Falcon 9 launches first Intuitive Machines lunar lander
An Intuitive Machines spacecraft is on its way to the moon Feb. 15 in the company’s quest to be the first commercial entity to successfully land on the lunar surface, according to spacenews.com.
A SpaceX Falcon 9 lifted off at 1:05 a.m. Eastern from Launch Complex 39A here after a 24-hour delay. The rocket’s upper stage deployed the Nova-C lander, called Odysseus, about 48 minutes later, after placing the spacecraft on a trajectory towards the moon.
The lander will arrive at the moon on Feb. 21, going into an orbit about 100 kilometers above the moon. That will set the spacecraft up for a landing attempt near the Malapert A crater, in the south polar region of the moon, late in the afternoon (Eastern time) Feb. 22. Intuitive Machine has not disclosed specific times for either orbit insertion or landing.
A key milestone for the IM-1 mission will come about 18 hours after launch, when the spacecraft fires its main engine for the first time in a commissioning test. That engine, developed by Intuitive Machines and using liquid oxygen and methane propellants, will later be used for any necessary trajectory correction maneuvers as well as for going into orbit around the moon and the landing itself.
“That’s a critical maneuver and, if we make that maneuver go well, we’re on our way to the moon,” Steve Altemus, chief executive of Intuitive Machines, said in a Feb. 12 interview. “I think our confidence level goes from 75 to 80% to about 90% once that commissioning maneuver is done.”
The lander was fueled with liquid oxygen and methane starting a few hours before liftoff. An issue involving what SpaceX called “off-nominal methane temperatures” prevented the spacecraft from being fueled for a launch attempt 24 hours earlier.
The spacecraft’s primary customer is NASA, which is flying six payloads through the Commercial Lunar Payload Services (CLPS) program under an award valued at about $118 million.
The NASA payloads are heavily weighted towards technology development, including a Doppler lidar to collect lander velocity and altitude data during its descent, a camera to study the plume of lunar dust created by the engine as the spacecraft lands, and an instrument that uses radiofrequency technology to measure the amount of propellant in the lander’s tanks.
“What we have planned for IM-1 really concentrates on safe landing,” said Susan Lederer, NASA CLPS project scientist, during a Feb. 12 briefing. That includes challenges of operating at the south polar region, where both the sun and Earth are low on the horizon. “I think it’s a very good place to start by having some slightly more straightforward payloads.”

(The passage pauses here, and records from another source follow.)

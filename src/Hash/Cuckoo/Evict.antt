-- ===== src/Hash/Cuckoo/Evict.antt =====
-- `reHash`: what a chain of moves does to the table. A chain that ends visits no slot twice, since
-- the number of moves that are left falls along it; so no move overwrites what a later one needs.
use coding_demo.Base.{
  ℕ, zero, suc, ◌≤◌, ◌<◌, ◌≡◌, refl, ap, sym, ◌∙◌, ◌≢◌, ◌⊎◌, inl, inr, arith, ℤ, pos,
}
use mathlib.Core.Path.{subst}
use coding_demo.Hash.Cuckoo.{Entry, Table, place}
use coding_demo.Hash.Cuckoo.Slots.{
  Slot, at, home, flip, IsSized, home-lt, place-IsSized, n_count-place, at-place_self, at-place_ne,
  Slot-cases, flip-ne, HasKey, IsValid, Holds,
}

-- The other slot of a key that stands in `s`.
abbrev pub other : Table → Slot → ℕ → Slot
other t s k = (flip s.0, home t.n_count (flip s.0) k)

-- The chain from `s` ends in an empty slot after `m` moves.
abbrev pub Rank : Table → Slot → ℕ → Type 0
Rank t s zero = (at t s).key ≡ pos 0
Rank t s (suc m) = (k : ℕ) × HasKey t s k × Rank t (other t s k) m

pub pos-injective : {a b : ℕ} → ◌≡◌ {A = ℤ} (pos a) (pos b) → a ≡ b
pos-injective h = cc

pub HasKey-unique : (t : Table) (s : Slot) (j k : ℕ) → HasKey t s j → HasKey t s k → j ≡ k
HasKey-unique t s j k h g = pos-injective (sym h.0 ∙ g.0)

Rank-unique : (t : Table) (s : Slot) (m n : ℕ) → Rank t s m → Rank t s n → m ≡ n
Rank-unique t s zero zero r q = refl
Rank-unique t s zero (suc n) r q = absurd (q.1.1 (pos-injective (sym q.1.0 ∙ r)))
Rank-unique t s (suc m) zero r q = absurd (r.1.1 (pos-injective (sym r.1.0 ∙ q)))
Rank-unique t s (suc m) (suc n) r q =
    let same = HasKey-unique t s r.0 q.0 r.1 q.1 in
    ap suc (Rank-unique t (other t s q.0) m n (subst (λ k. Rank t (other t s k) m) same r.2) q.2)

-- `t'` holds what `t` held, and the slot `s` of `t'` may be overwritten without loss.
pub record Freed (t : Table) (s : Slot) (m : ℕ) (t' : Table) : Type 0 where
  pub sized : IsSized t'
  pub count : t'.n_count ≡ t.n_count
  pub placed : (q : Slot) (j : ℕ) → HasKey t' q j → q.1 ≡ home t.n_count q.0 j
  pub natural : (q : Slot) → (j : ℕ) × ((at t' q).key ≡ pos j)
  pub untouched : (q : Slot) (n : ℕ) → Rank t q n → m ≤ n → at t' q ≡ at t q
  pub kept :
      (p : Slot) (j : ℕ) → HasKey t p j → (q : Slot) × (q ≢ s) × HasKey t' q j × (at t' q ≡ at t p)
  pub unique : (p q : Slot) (j : ℕ) → p ≢ s → q ≢ s → HasKey t' p j → HasKey t' q j → p ≡ q
  pub old : (q : Slot) (j : ℕ) → HasKey t' q j → Holds t j

-- An empty slot may be overwritten as the table stands.
pub empty-Freed : (t : Table) (s : Slot) → IsValid t → Rank t s 0 → Freed t s 0 t
empty-Freed t s v r = record {
  sized = v.sized;
  count = refl;
  placed = v.placed;
  natural = v.natural;
  untouched = λ q n _ _. refl;
  kept = λ p j h. (p, (λ e. h.1 (pos-injective (sym h.0 ∙ ap (λ q. (at t q).key) e ∙ r))), h, refl);
  unique = λ p q j _ _ h g. v.unique p q j h g;
  old = λ q j h. (q, h);
}

module _ (t t0 : Table) (s : Slot) (k m : ℕ) (v : IsValid t) (h : HasKey t s k)
    (r : Rank t (other t s k) m) (f : Freed t (other t s k) m t0) where
  abbrev e : Entry
  e = at t s

  abbrev a : Slot
  a = other t s k

  abbrev moved : Table
  moved = place a.0 (pos a.1) e t0

  Rank-s : Rank t s (suc m)
  Rank-s = (k, h, r)

  here : at t0 s ≡ e
  here = f.untouched s (suc m) Rank-s (omega arith)

  apart : s ≢ a
  apart = flip-ne s.0 s.1 (home t.n_count (flip s.0) k)

  in_range : a.1 < t0.n_count
  in_range = rw f.count (home-lt t.n_count k (flip s.0) (rw f.count at f.sized.positive))

  at-moved_self : at moved a ≡ e
  at-moved_self = at-place_self a.0 a.1 e t0 f.sized in_range

  at-moved_ne : (q : Slot) → q ≢ a → at moved q ≡ at t0 q
  at-moved_ne q ne = at-place_ne a.0 a.1 e t0 q ne

  -- A key in the moved table stands in `a`, and then it is `k`, or stood there before.
  HasKey-moved :
      (q : Slot) (j : ℕ) → HasKey moved q j → ((q ≡ a) × (j ≡ k)) ⊎ ((q ≢ a) × HasKey t0 q j)
  HasKey-moved q j g = elim (Slot-cases q a) [
    | inl same ↦ inl (
      same,
      pos-injective
          (sym g.0 ∙ ap (λ p. (at moved p).key) same ∙ ap (λ x. x.key) at-moved_self ∙ h.0),
    )
    | inr ne ↦ inr (ne, (ap (λ x. x.key) (sym (at-moved_ne q ne)) ∙ g.0, g.1))
  ]

  HasKey-a : HasKey moved a k
  HasKey-a = (ap (λ x. x.key) at-moved_self ∙ h.0, h.1)

  HasKey-s : HasKey t0 s k
  HasKey-s = (ap (λ x. x.key) here ∙ h.0, h.1)

  keep : (q : Slot) (j : ℕ) → q ≢ a → HasKey t0 q j → HasKey moved q j
  keep q j ne g = (ap (λ x. x.key) (at-moved_ne q ne) ∙ g.0, g.1)

  kept_moved :
      (p : Slot) (j : ℕ)
      → HasKey t p j
      → (q : Slot) × (q ≢ s) × HasKey moved q j × (at moved q ≡ at t p)
  kept_moved p j hold =
      let (q, ne, g, eq) = f.kept p j hold in
      elim (Slot-cases q s) [
        | inl same ↦ (
          a,
          (λ eq. apart (sym eq)),
          subst (HasKey moved a)
              (HasKey-unique t0 s k j HasKey-s (subst (λ p. HasKey t0 p j) same g)) HasKey-a,
          at-moved_self ∙ sym here ∙ ap (at t0) (sym same) ∙ eq,
        )
        | inr away ↦ (q, away, keep q j ne g, at-moved_ne q ne ∙ eq)
      ]

  -- A key that was at `s` and has moved to `a` stands nowhere else but at `s`.
  alone : (q : Slot) (j : ℕ) → q ≢ s → j ≡ k → q ≢ a → HasKey t0 q j → ⊥
  alone q j away same ne g = away (f.unique q s k ne apart (subst (HasKey t0 q) same g) HasKey-s)

  unique_moved : (p q : Slot) (j : ℕ) → p ≢ s → q ≢ s → HasKey moved p j → HasKey moved q j → p ≡ q
  unique_moved p q j np nq gp gq = cases (HasKey-moved p j gp) (HasKey-moved q j gq)
    where
      cases :
          ((p ≡ a) × (j ≡ k)) ⊎ ((p ≢ a) × HasKey t0 p j)
          → ((q ≡ a) × (j ≡ k)) ⊎ ((q ≢ a) × HasKey t0 q j)
          → p ≡ q
      cases (inl x) (inl y) = x.0 ∙ sym y.0
      cases (inl x) (inr y) = absurd (alone q j nq x.1 y.0 y.1)
      cases (inr x) (inl y) = absurd (alone p j np y.1 x.0 x.1)
      cases (inr x) (inr y) = f.unique p q j x.0 y.0 x.1 y.1

  placed_moved : (q : Slot) (j : ℕ) → HasKey moved q j → q.1 ≡ home t.n_count q.0 j
  placed_moved q j g = elim (HasKey-moved q j g) [
    | inl x ↦
        subst (λ (p : Slot). p.1 ≡ home t.n_count p.0 j) (sym x.0)
          (ap (home t.n_count a.0) (sym x.1))
    | inr y ↦ f.placed q j y.1
  ]

  natural_moved : (q : Slot) → (j : ℕ) × ((at moved q).key ≡ pos j)
  natural_moved q = elim (Slot-cases q a) [
    | inl same ↦ (k, ap (λ p. (at moved p).key) same ∙ HasKey-a.0)
    | inr ne ↦ let (j, g) = f.natural q in (j, ap (λ x. x.key) (at-moved_ne q ne) ∙ g)
  ]

  untouched_moved : (q : Slot) (n : ℕ) → Rank t q n → suc m ≤ n → at moved q ≡ at t q
  untouched_moved q n rq le = at-moved_ne q not_a ∙ f.untouched q n rq (omega arith)
    where
      not_a : q ≢ a
      not_a eq = let same = Rank-unique t a n m (subst (λ p. Rank t p n) eq rq) r in omega arith

  old_moved : (q : Slot) (j : ℕ) → HasKey moved q j → Holds t j
  old_moved q j g = elim (HasKey-moved q j g) [
    | inl x ↦ subst (Holds t) (sym x.1) (s, h)
    | inr y ↦ f.old q j y.1
  ]

  -- One more move.
  pub moved-Freed : Freed t s (suc m) moved
  moved-Freed = record {
    sized = place-IsSized a.0 a.1 e t0 f.sized;
    count = n_count-place a.0 a.1 e t0 ∙ f.count;
    placed = placed_moved;
    natural = natural_moved;
    untouched = untouched_moved;
    kept = kept_moved;
    unique = unique_moved;
    old = old_moved;
  }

Other NASA payloads on IM-1 include a demonstration of a navigation beacon that could be used as part of a future lunar navigation system, as well as a laser retroreflector for precise ranging that has also been flown on other landers, including India’s Chandrayaan-3 and Japan’s SLIM.
One NASA science payload is the Radio Observations of the Lunar Surface Photoelectron Sheath, or ROLSES, which will perform low-frequency radioastronomy that can’t be done from the Earth because of the ionosphere. ROLSES will measure various sources of radio noise from the Earth, sun and the lander itself, as well as a sheath of electrons just above the lunar surface created by sunlight.
The spacecraft is also carrying six non-NASA payloads. They include an artwork called “Moon Phases” by Jeff Koons, a data archive from Galactic Legacy Labs, a prototype of a lunar data center payload by Lonestar Data Holdings and an astronomical camera from the International Lunar Observatory Association, a precursor for a proposed observatory at the lunar south pole.
Another commercial payload is part of the lander itself: thermal reflective material called Omni-Heat Infinity developed by Columbia Sportwear. The material is identical to that used in the company’s jackets to reflect body heat.
EagleCam was developed by more than two dozen students at ERAU over four years after Altemus, an alumnus of the university, offered to fly a student payload if it could take a picture of the lander. “We took the idea and ran with it,” said Taylor Yow, one of the student team leaders for EagleCam, at a Feb. 12 briefing. “The whole project was student-run, student-designed and student-built.”
Getting a single image of the landing would qualify as a successful mission, said Troy Henderson, the faculty adviser for EagleCam. But, he added, “if we get all of the data that we expect, we’ll have five-plus years of graduate student theses and dissertations.”